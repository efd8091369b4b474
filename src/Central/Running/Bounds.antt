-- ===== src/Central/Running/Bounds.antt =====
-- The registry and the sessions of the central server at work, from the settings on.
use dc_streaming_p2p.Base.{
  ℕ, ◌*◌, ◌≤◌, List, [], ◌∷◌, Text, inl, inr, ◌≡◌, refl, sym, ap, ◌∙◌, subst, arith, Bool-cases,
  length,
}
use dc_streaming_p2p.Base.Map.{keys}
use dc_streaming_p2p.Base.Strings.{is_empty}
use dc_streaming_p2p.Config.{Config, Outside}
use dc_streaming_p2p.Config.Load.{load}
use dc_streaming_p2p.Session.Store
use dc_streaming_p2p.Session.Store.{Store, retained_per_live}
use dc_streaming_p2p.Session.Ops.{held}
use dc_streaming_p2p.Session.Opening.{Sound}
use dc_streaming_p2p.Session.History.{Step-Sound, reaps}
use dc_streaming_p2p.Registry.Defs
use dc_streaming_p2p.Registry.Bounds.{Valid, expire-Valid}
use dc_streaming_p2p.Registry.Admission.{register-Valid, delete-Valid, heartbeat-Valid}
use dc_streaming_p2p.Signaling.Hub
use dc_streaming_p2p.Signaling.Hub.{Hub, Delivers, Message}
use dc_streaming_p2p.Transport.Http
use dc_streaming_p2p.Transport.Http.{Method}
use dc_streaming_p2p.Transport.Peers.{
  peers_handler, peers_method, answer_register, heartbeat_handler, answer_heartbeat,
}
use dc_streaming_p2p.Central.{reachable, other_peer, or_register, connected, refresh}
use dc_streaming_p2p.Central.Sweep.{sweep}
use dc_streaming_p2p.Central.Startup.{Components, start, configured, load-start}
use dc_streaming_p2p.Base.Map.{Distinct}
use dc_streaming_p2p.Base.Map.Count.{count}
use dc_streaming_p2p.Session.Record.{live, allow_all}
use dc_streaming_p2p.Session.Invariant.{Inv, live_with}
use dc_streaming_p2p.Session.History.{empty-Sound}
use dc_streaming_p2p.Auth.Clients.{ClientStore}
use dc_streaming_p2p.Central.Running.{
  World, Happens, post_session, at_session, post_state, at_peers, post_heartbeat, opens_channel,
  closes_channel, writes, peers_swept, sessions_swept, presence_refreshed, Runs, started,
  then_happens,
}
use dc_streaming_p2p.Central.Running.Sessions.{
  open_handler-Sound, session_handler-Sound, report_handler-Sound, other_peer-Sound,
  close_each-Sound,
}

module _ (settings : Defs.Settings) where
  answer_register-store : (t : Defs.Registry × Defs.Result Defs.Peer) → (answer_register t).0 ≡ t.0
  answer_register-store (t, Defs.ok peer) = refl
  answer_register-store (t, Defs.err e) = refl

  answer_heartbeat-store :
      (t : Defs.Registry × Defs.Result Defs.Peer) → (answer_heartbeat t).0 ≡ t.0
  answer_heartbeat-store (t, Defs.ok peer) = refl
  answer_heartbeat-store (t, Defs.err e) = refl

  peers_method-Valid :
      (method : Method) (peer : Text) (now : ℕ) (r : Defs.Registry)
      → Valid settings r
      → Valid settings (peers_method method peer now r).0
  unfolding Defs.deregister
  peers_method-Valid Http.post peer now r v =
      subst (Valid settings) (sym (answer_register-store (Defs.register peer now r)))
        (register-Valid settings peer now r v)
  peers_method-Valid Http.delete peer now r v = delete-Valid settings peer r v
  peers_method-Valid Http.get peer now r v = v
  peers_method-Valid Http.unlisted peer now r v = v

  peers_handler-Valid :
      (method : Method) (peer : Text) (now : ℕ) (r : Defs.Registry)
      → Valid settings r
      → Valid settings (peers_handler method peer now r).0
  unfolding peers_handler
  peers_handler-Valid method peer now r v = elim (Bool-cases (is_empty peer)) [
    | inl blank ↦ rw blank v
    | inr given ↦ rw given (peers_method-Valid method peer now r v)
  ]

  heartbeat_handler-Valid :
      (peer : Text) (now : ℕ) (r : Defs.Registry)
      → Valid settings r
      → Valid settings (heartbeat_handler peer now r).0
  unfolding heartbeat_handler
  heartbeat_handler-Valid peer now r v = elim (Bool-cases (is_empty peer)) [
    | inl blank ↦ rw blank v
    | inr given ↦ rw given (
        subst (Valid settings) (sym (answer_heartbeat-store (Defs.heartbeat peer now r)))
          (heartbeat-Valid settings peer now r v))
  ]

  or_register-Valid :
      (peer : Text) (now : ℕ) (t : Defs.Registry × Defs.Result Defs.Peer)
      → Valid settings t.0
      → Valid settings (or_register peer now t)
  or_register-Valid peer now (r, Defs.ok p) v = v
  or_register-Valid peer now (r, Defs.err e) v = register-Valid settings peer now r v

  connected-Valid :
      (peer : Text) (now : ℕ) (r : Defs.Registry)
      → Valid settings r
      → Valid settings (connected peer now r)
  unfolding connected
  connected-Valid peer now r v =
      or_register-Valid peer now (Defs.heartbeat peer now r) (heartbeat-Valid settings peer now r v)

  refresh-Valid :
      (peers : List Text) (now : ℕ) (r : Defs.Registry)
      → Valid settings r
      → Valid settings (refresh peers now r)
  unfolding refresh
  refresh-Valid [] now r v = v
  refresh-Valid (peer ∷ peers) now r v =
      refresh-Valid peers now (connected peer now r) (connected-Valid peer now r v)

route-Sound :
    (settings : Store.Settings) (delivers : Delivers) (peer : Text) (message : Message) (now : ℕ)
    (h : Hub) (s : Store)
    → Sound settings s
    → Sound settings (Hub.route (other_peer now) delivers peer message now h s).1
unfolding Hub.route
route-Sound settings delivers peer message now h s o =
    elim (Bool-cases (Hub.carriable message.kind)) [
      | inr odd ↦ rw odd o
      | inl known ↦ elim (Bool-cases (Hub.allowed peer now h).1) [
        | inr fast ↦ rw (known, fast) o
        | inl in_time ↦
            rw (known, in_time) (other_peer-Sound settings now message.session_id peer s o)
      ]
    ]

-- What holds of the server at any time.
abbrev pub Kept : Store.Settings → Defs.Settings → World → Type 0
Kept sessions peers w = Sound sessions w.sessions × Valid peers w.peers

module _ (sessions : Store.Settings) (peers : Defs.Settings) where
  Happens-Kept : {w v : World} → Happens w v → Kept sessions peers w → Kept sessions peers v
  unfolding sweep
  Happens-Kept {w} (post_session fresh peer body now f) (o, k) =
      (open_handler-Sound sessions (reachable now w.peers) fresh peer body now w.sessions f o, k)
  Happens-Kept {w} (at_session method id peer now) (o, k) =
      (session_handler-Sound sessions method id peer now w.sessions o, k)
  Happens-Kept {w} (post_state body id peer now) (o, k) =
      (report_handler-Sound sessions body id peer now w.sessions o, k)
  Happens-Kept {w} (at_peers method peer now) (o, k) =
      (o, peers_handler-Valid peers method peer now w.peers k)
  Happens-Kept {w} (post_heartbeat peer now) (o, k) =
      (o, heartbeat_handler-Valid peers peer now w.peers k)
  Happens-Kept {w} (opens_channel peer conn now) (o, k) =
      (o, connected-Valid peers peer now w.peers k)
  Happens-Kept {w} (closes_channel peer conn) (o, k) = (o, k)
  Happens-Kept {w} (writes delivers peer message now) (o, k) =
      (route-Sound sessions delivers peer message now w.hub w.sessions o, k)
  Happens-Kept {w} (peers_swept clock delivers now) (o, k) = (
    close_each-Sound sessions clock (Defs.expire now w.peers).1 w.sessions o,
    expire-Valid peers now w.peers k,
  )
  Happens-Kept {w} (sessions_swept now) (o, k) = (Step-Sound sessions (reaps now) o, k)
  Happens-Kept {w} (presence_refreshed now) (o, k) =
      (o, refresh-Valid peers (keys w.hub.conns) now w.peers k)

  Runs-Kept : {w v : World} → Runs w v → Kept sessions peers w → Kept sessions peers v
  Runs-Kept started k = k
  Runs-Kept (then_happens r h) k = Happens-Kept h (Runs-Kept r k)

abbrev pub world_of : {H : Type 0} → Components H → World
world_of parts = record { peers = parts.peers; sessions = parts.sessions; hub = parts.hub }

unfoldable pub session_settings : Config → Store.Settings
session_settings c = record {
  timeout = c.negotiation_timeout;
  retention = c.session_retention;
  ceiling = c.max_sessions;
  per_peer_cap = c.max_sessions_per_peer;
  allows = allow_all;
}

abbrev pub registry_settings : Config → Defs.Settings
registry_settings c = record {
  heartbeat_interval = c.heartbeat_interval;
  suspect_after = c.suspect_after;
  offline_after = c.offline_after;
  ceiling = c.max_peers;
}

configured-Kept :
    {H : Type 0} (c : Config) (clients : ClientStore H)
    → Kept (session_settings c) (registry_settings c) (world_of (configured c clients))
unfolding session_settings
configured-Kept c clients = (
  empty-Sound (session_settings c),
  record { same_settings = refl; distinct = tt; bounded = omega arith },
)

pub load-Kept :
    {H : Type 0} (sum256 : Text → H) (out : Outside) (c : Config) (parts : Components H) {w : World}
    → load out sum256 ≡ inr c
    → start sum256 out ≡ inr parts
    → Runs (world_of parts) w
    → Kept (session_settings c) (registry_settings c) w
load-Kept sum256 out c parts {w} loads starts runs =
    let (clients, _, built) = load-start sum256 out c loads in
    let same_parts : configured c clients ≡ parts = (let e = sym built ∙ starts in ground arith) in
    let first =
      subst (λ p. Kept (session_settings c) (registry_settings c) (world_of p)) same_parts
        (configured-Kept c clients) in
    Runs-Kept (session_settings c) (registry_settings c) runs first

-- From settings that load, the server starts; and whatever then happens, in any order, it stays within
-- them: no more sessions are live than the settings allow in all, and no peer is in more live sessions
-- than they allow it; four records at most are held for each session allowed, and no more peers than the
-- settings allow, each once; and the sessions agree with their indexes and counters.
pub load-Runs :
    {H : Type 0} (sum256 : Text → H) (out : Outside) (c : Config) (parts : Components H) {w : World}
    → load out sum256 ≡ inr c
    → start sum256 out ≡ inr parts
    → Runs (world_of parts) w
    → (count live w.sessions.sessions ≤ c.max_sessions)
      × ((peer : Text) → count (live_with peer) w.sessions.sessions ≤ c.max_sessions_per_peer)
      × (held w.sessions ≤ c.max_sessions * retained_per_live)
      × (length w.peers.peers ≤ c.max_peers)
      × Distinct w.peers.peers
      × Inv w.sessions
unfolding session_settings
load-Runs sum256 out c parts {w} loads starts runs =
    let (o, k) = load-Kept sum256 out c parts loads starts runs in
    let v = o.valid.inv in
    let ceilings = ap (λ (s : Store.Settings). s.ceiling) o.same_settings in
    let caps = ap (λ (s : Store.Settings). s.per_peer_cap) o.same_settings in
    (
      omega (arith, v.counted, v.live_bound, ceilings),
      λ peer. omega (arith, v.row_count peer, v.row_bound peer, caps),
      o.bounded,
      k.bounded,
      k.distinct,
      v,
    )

EXERCISE DETAILS: How many lines in the records above contain the word "caps"? Give only the number.

RESPONSE TO THE TASK: 2